### Data for the task:
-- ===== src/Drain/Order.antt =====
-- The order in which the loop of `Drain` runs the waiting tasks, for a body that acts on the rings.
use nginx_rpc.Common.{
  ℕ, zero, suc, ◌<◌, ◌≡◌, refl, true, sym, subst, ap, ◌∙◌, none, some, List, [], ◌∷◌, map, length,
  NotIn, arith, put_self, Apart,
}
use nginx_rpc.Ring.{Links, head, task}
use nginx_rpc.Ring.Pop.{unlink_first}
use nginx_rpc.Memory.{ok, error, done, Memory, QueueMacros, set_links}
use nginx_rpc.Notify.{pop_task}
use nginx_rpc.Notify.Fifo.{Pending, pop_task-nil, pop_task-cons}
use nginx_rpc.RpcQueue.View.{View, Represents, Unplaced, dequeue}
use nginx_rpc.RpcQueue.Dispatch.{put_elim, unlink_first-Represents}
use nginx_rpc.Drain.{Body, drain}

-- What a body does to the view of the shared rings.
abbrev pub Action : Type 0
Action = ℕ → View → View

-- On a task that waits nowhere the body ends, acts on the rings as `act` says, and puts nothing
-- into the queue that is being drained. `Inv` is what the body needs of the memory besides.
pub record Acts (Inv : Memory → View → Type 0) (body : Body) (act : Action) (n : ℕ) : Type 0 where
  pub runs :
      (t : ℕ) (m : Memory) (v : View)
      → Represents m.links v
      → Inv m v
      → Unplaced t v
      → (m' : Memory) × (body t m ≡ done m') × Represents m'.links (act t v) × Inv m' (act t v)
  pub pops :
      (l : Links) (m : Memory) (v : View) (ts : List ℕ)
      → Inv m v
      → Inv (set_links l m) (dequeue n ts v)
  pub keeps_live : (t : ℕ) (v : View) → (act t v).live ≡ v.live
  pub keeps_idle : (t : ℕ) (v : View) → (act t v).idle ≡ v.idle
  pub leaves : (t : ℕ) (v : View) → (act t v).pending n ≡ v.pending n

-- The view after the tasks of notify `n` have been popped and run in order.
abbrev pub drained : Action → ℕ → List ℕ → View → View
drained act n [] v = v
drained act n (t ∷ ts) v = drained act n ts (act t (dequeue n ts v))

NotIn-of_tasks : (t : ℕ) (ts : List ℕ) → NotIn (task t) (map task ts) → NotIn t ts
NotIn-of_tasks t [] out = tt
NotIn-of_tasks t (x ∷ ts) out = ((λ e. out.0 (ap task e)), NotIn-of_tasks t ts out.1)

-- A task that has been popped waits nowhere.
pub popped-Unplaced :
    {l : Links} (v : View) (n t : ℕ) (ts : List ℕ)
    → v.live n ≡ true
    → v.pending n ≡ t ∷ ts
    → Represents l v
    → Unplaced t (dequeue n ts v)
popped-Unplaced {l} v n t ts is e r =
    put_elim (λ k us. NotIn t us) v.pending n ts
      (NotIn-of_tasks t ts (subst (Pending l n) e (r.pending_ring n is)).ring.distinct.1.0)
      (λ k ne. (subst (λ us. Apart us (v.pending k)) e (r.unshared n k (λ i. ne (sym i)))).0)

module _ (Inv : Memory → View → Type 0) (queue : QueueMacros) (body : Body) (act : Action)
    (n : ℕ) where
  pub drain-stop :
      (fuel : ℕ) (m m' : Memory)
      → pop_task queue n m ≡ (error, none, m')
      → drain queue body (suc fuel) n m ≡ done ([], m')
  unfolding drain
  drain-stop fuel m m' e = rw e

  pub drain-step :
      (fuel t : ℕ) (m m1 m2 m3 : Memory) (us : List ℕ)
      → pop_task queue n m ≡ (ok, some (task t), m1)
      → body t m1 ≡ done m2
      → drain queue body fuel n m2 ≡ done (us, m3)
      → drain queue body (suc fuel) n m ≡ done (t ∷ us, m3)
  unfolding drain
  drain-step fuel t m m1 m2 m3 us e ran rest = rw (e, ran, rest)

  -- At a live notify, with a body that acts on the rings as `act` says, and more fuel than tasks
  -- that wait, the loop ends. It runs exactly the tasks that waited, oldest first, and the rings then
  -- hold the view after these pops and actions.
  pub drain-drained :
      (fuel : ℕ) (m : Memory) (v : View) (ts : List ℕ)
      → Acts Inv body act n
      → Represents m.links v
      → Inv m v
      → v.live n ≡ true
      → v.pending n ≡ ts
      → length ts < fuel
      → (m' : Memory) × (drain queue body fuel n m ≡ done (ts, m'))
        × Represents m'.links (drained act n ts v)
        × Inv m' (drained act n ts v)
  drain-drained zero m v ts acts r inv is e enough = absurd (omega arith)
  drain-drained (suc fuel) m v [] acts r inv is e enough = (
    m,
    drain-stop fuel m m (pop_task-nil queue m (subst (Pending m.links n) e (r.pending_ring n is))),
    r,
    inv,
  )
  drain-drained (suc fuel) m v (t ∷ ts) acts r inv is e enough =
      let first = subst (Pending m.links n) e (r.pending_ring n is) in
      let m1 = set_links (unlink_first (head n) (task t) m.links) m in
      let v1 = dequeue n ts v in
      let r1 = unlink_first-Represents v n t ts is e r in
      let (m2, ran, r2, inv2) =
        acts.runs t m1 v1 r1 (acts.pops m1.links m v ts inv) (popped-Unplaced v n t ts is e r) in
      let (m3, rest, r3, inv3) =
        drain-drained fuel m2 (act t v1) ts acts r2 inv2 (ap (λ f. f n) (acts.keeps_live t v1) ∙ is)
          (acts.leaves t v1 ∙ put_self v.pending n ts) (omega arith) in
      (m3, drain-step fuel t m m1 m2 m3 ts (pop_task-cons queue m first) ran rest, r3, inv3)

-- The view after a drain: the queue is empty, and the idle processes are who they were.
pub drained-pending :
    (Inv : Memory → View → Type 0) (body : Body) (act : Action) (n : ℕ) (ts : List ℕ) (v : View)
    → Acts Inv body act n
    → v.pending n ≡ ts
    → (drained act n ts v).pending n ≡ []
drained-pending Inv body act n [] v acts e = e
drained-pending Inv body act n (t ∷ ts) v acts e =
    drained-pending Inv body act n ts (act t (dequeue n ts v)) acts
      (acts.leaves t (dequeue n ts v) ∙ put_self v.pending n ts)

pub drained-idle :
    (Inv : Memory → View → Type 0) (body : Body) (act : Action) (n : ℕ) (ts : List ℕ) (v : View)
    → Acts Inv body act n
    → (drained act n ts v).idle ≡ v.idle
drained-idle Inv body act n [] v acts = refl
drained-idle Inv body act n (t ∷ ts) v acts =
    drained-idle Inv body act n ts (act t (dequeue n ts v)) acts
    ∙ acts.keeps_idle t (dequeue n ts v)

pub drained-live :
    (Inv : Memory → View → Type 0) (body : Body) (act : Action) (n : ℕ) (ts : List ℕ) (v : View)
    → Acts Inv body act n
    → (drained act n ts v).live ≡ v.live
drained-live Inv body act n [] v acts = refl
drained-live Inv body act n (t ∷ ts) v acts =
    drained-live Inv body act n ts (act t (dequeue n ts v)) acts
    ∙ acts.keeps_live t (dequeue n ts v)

### What you need to do:
Reproduce, exactly and without additions, the run of lines from the start of the listing above to the line bearing "-- into the", inclusive.

### Expected answer:
-- ===== src/Drain/Order.antt =====
-- The order in which the loop of `Drain` runs the waiting tasks, for a body that acts on the rings.
use nginx_rpc.Common.{
  ℕ, zero, suc, ◌<◌, ◌≡◌, refl, true, sym, subst, ap, ◌∙◌, none, some, List, [], ◌∷◌, map, length,
  NotIn, arith, put_self, Apart,
}
use nginx_rpc.Ring.{Links, head, task}
use nginx_rpc.Ring.Pop.{unlink_first}
use nginx_rpc.Memory.{ok, error, done, Memory, QueueMacros, set_links}
use nginx_rpc.Notify.{pop_task}
use nginx_rpc.Notify.Fifo.{Pending, pop_task-nil, pop_task-cons}
use nginx_rpc.RpcQueue.View.{View, Represents, Unplaced, dequeue}
use nginx_rpc.RpcQueue.Dispatch.{put_elim, unlink_first-Represents}
use nginx_rpc.Drain.{Body, drain}

-- What a body does to the view of the shared rings.
abbrev pub Action : Type 0
Action = ℕ → View → View

-- On a task that waits nowhere the body ends, acts on the rings as `act` says, and puts nothing
-- into the queue that is being drained. `Inv` is what the body needs of the memory besides.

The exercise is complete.